Le temps passe très vite dans le monde de la science. Vous commencez votre doctorat and soudainement la première année est déjà passée. En premier lieu, lorsque vous quittez l’environnement rassûrant de votre terre natale, vous passez du temps à essayer de vous adapter aux nouvelles coûtumes, à créer votre réseau professionnel et social, et enfin à vous installer dans votre laboratoire sur un nouveau projet passionant. Après une année, de nombreux challenges ont été surpassés et de nouveeaux objectifs ont été obtenus, à la fois professionnellement et personnellement.

Lorsque j’ai débuté dans les sciences et la biochimie, on m’a souvent dit que les expériences auraient un taux de succès de 10%. Par conséquent, on observe bien plus d’échec que de succès lorsque l’on réalise des expériences. Peut-être pas des échecs critiques, mais les résultats se révèlent différents de ce que l’on avait initialement imaginé. Au début d’un projet de biologie structurale, on doit produire et purifier des protéines en quantités raisonnables, avant de commencer des investigations plus poussées puissent être entreprises. Si tenter d’obtenir la protéine en question révèle des problèmes, le projet semble ralenti et entraîne l’utilisation de techniques plus sophistiquées, ce qui repousse encore plus dans le future son analyse. Cela fut le cas pour mon projet. Mais les nuages qui envahissaient le ciel ont apparemment laisse place au soleil qui brille maintenant sur ma purification de protéine au laboratoire.

Cela signifie que les investigations plus poussées se sont rapprochées. J’ai repris mes esprits car l’objectif principal du projet se rapproche peu à peu. Le titre de mon projet de doctorat décrit ce qui reste à venir: “Une stratégie intégrative pour la détermination structurale d’un pili bactérien de type IV”.

Pili de type VI

Le pili bactérien de type IV est un polymère protéique qui est étendu depuis la bactérieen vue de réaliser une fonction biologique.

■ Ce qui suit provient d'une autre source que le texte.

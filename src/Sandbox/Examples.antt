-- ===== src/Sandbox/Examples.antt =====
-- A concrete archive, and the theorems of its extraction at it.
use dittobench_api.Base.{true, false, none, List, [], ◌∷◌}
use dittobench_api.Base.Text.{bytes_of}
use dittobench_api.Sandbox.SafeJoin.{Location}
use dittobench_api.Sandbox.Extract.{type_reg, other, Next, entry, Host, empty_extraction, extract}
use dittobench_api.Sandbox.Limits.{Judged, extraction_limited}

abbrev root : Location
root = bytes_of "tmp" ∷ bytes_of "build" ∷ []

abbrev host : Host
host = record { cancelled = λ n. false; disk = λ n. true; breaks = λ n. none }

-- A file, a link with a body, and a name that escapes.
abbrev archive : List Next
archive =
    entry (record { typeflag = type_reg; name = bytes_of "Dockerfile"; mode = 2541; size = 700 })
    ∷ entry (record { typeflag = other; name = bytes_of "link"; mode = 511; size = 90 })
    ∷ entry (record { typeflag = type_reg; name = bytes_of "../evil"; mode = 511; size = 4 })
    ∷ []

extraction_limited_example : Judged root (extract host root archive empty_extraction)
extraction_limited_example = extraction_limited host root archive
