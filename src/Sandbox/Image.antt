-- ===== src/Sandbox/Image.antt =====
-- internal/sandbox/image.go: the manifests of an image. The digest and the decoding of JSON are
-- arguments; texts are ASCII. A size of Go that is not positive is 0, and a missing annotation is the
-- empty text. An error is none, or false.
pub mod Primary
pub mod Archive
pub mod Results
pub mod Check
pub mod Contents
pub mod Identities
pub mod Vouched
pub mod Load
pub mod Acquired
mod Examples
use dittobench_api.Base.{
  ℕ, ◌+◌, Bool, true, false, not, Option, none, some, List, [], ◌∷◌, ◌++◌, map, ◌==◌, ltb, leb,
  ◌||◌, ◌&&◌, nat_eq, if◌then◌else◌, all, any, length, keep,
}
use dittobench_api.Base.Text.{bytes_of, cut_prefix, same_text, lower}

abbrev pub Text : Type 0
Text = List ℕ

pub record Platform : Type 0 where
  pub architecture : Text
  pub os : Text

-- ociDescriptor and dockerSchema2Descriptor, with the annotations that are read:
-- vnd.docker.reference.type and .digest, io.containerd.manifest.subject, io.containerd.image.name and
-- in-toto.io/predicate-type.
pub record Descriptor : Type 0 where
  pub media_type : Text
  pub digest : Text
  pub size : ℕ
  pub platform : Option Platform
  pub reference_type : Text
  pub reference_digest : Text
  pub manifest_subject : Text
  pub image_name : Text
  pub predicate_type : Text

pub record Manifest : Type 0 where
  pub schema_version : ℕ
  pub media_type : Text
  pub config : Descriptor
  pub layers : List Descriptor

pub record Index : Type 0 where
  pub schema_version : ℕ
  pub media_type : Text
  pub manifests : List Descriptor

-- The digests of the subjects, and the type of the predicate.
pub record Statement : Type 0 where
  pub subjects : List Text
  pub predicate_type : Text

-- An entry of manifest.json.
pub record Saved : Type 0 where
  pub config : Text
  pub repo_tags : List Text
  pub layers : List Text

-- hex.EncodeToString of sha256.Sum256, and json.Unmarshal into each of the types, with the encoding of
-- the manifest of a classic image.
pub record Codec : Type 0 where
  pub sha256_hex : List ℕ → Text
  pub decode_media_type : List ℕ → Option Text
  pub decode_manifest : List ℕ → Option Manifest
  pub decode_attestation : List ℕ → Option Manifest
  pub decode_index : List ℕ → Option Index
  pub decode_platform : List ℕ → Option Platform
  pub decode_statement : List ℕ → Option Statement
  pub decode_saved : List ℕ → Option (List Saved)
  pub encode_manifest : Manifest → Option (List ℕ)

-- A Go map with texts as keys: the entry that was made last is the first.
unfoldable pub find {ℓ} : {A : Type ℓ} → Text → List (Text × A) → Option A
find name [] = none
find name ((key, value) ∷ entries) =
    let rest = find name entries in if same_text key name then some value else rest

-- The zero value for a missing key.
abbrev pub size_of : Text → List (Text × ℕ) → ℕ
size_of name sizes = elim (find name sizes) [ none ↦ 0 | some size ↦ size ]

abbrev pub bytes_at : Text → List (Text × List ℕ) → List ℕ
bytes_at name blobs = elim (find name blobs) [ none ↦ [] | some bytes ↦ bytes ]

-- strings.TrimPrefix
unfoldable pub trim_prefix : Text → Text → Text
trim_prefix s prefix = elim (cut_prefix s prefix) [ none ↦ s | some rest ↦ rest ]

abbrev pub is_hex : ℕ → Bool
is_hex c = (leb b'0' c && leb c b'9') || (leb b'a' c && leb c b'f') || (leb b'A' c && leb c b'F')

unfoldable pub canonical_sha256_digest : Text → Bool
canonical_sha256_digest value = elim (cut_prefix value (bytes_of "sha256:")) [
  | none ↦ false
  | some digits ↦ length value == 71 && same_text value (map lower value) && all is_hex digits
]

-- The digest that a blob's name has.
unfoldable pub oci_blob_digest : Text → Option Text
oci_blob_digest name = elim (cut_prefix name (bytes_of "blobs/sha256/")) [
  | none ↦ none
  | some digest ↦
      if length digest == 64 && same_text digest (map lower digest) && all is_hex digest
      then some digest
      else none
]

unfoldable pub blob_name : Text → Text
unfolding trim_prefix
blob_name digest = bytes_of "blobs/sha256/" ++ trim_prefix digest (bytes_of "sha256:")

abbrev pub oci_index_type : Text
oci_index_type = bytes_of "application/vnd.oci.image.index.v1+json"

abbrev pub oci_manifest_type : Text
oci_manifest_type = bytes_of "application/vnd.oci.image.manifest.v1+json"

abbrev pub oci_config_type : Text
oci_config_type = bytes_of "application/vnd.oci.image.config.v1+json"

abbrev pub docker_manifest_type : Text
docker_manifest_type = bytes_of "application/vnd.docker.distribution.manifest.v2+json"

abbrev pub docker_config_type : Text
docker_config_type = bytes_of "application/vnd.docker.container.image.v1+json"

abbrev pub docker_layer_type : Text
docker_layer_type = bytes_of "application/vnd.docker.image.rootfs.diff.tar"

abbrev in_toto_type : Text
in_toto_type = bytes_of "application/vnd.in-toto+json"

abbrev pub max_attachment_blob_bytes : ℕ
max_attachment_blob_bytes = 16777216

abbrev pub max_classic_image_layers : ℕ
max_classic_image_layers = 1024

abbrev pub max_attestation_descriptors : ℕ
max_attestation_descriptors = 32

-- The loop over the layers of validateRunnableImageManifest.
unfoldable pub valid_layer : Bool → List (Text × ℕ) → Descriptor → Bool
unfolding canonical_sha256_digest blob_name
valid_layer oci sizes layer =
    (if oci
      then same_text layer.media_type (bytes_of "application/vnd.oci.image.layer.v1.tar")
        || same_text layer.media_type (bytes_of "application/vnd.oci.image.layer.v1.tar+gzip")
        || same_text layer.media_type (bytes_of "application/vnd.oci.image.layer.v1.tar+zstd")
      else same_text layer.media_type docker_layer_type
        || same_text layer.media_type
            (bytes_of "application/vnd.docker.image.rootfs.diff.tar.gzip"))
    && canonical_sha256_digest layer.digest
    && ltb 0 layer.size
    && size_of (blob_name layer.digest) sizes == layer.size

abbrev pub is_some {ℓ} : {A : Type ℓ} → Option A → Bool
is_some none = false
is_some (some x) = true

module _ (codec : Codec) (sizes : List (Text × ℕ)) (blobs : List (Text × List ℕ)) where
  abbrev pub is_runnable_manifest : Manifest → Bool
  is_runnable_manifest m =
      let oci = same_text m.media_type oci_manifest_type in
      m.schema_version == 2
      && (same_text m.media_type docker_manifest_type || oci)
      && canonical_sha256_digest m.config.digest
      && ltb 0 m.config.size
      && leb (length m.layers) max_classic_image_layers
      && same_text m.config.media_type (if oci then oci_config_type else docker_config_type)
      && size_of (blob_name m.config.digest) sizes == m.config.size
      && is_some (find (blob_name m.config.digest) blobs)
      && all (valid_layer oci sizes) m.layers

  -- The digest of the config.
  unfoldable pub validate_runnable_image_manifest : List ℕ → Option Text
  validate_runnable_image_manifest content = elim (codec.decode_manifest content) [
    | none ↦ none
    | some m ↦ if is_runnable_manifest m then some m.config.digest else none
  ]

module _ (codec : Codec) (blobs : List (Text × List ℕ)) where
  abbrev is_unknown : Platform → Bool
  is_unknown p =
      same_text p.architecture (bytes_of "unknown") && same_text p.os (bytes_of "unknown")

  abbrev binds : Text → Text → Option Statement → Bool
  binds predicate_type wanted none = false
  binds predicate_type wanted (some s) =
      same_text s.predicate_type predicate_type && any (λ d. same_text d wanted) s.subjects

  abbrev is_attested : Text → Manifest → Descriptor → Bool
  is_attested runnable m layer =
      let config_bytes = bytes_at (blob_name m.config.digest) blobs in
      let layer_bytes = bytes_at (blob_name layer.digest) blobs in
      same_text layer.media_type in_toto_type
      && canonical_sha256_digest layer.digest
      && ltb 0 layer.size
      && leb layer.size max_attachment_blob_bytes
      && not (same_text layer.predicate_type [])
      && length config_bytes == m.config.size
      && length layer_bytes == layer.size
      && elim (codec.decode_platform config_bytes) [ none ↦ false | some p ↦ is_unknown p ]
      && binds layer.predicate_type (trim_prefix runnable (bytes_of "sha256:"))
          (codec.decode_statement layer_bytes)

  abbrev is_bounded_attestation : Text → Manifest → Bool
  is_bounded_attestation runnable m =
      m.schema_version == 2
      && same_text m.media_type oci_manifest_type
      && same_text m.config.media_type oci_config_type
      && canonical_sha256_digest m.config.digest
      && ltb 0 m.config.size
      && elim m.layers [
        | [] ↦ false
        | layer ∷ others ↦ length others == 0 && is_attested runnable m layer
      ]

  unfoldable pub validate_attestation_manifest : Descriptor → Text → Bool
  validate_attestation_manifest d runnable =
      let content = bytes_at (blob_name d.digest) blobs in
      length content == d.size && elim (codec.decode_attestation content) [
        | none ↦ false
        | some m ↦ is_bounded_attestation runnable m
      ]

  -- The reference of an attestation, in either of its forms.
  unfoldable pub attestation_reference : Descriptor → Option Text
  attestation_reference d =
      if same_text d.reference_type (bytes_of "attestation-manifest")
      then elim d.platform [
        | none ↦ none
        | some p ↦ if is_unknown p then some d.reference_digest else none
      ]
      else if not (same_text d.manifest_subject [])
      then elim d.platform [
        | none ↦ some d.manifest_subject
        | some p ↦ if is_unknown p then some d.manifest_subject else none
      ]
      else none

  -- runnableDigests has one digest wherever this is called.
  unfoldable pub validate_attestation_descriptor : Text → Descriptor → Bool
  unfolding attestation_reference validate_attestation_manifest
  validate_attestation_descriptor runnable d =
      same_text d.media_type oci_manifest_type
      && ltb 0 d.size
      && leb d.size max_attachment_blob_bytes
      && elim (attestation_reference d) [
        | none ↦ false
        | some reference ↦
            canonical_sha256_digest d.digest
            && canonical_sha256_digest reference
            && same_text runnable reference
            && same_text d.image_name []
            && validate_attestation_manifest d reference
      ]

La fonction biologique de ce type de pili est très versatile : cela peut aider au mouvement de contraction permettant le déplacement, mais aussi amélioré l’infection de certaines espèces pathogènes. Une machine protéique très bien élaborée est en charge de l’assemblage du pili. Elle est localisée à la fois dans les membranes interne et externe des bactéries Gram négative. Cette machine protéique peut activement allonger ou rétracter le pili. Le pili lui-même est composé de milliers de blocs de protéines, appelées les pilines, qui peuvent être étendues jusqu’à atteindre une longueur de plusieurs µm.

Les pilines sont divisés en 2 groupes, les pilines majeures et mineures. La piline majeure est une seule protéine qui est présente en abondance par rapport aux pilines mineures. La piline majeure forme le tronc des pilus. Les pilines mineures sont bien moins abondantes, mais sont très iportantes pour la fonciton biologique du pili ainsi que sa formation. Mon projet est focalisé sur la détermination de la structure de ces pilines mineures et leur interaction. Ce travail est une extension du travail précédemment réalisé dans le laboratoire où la structure du pili composé de la piline majeure a été déterminé.

Détermination Structurale intégrative

La structure RMN de PpdD est modelisée dans la carte de densité électronique obtenue par cryo-électrotomographie.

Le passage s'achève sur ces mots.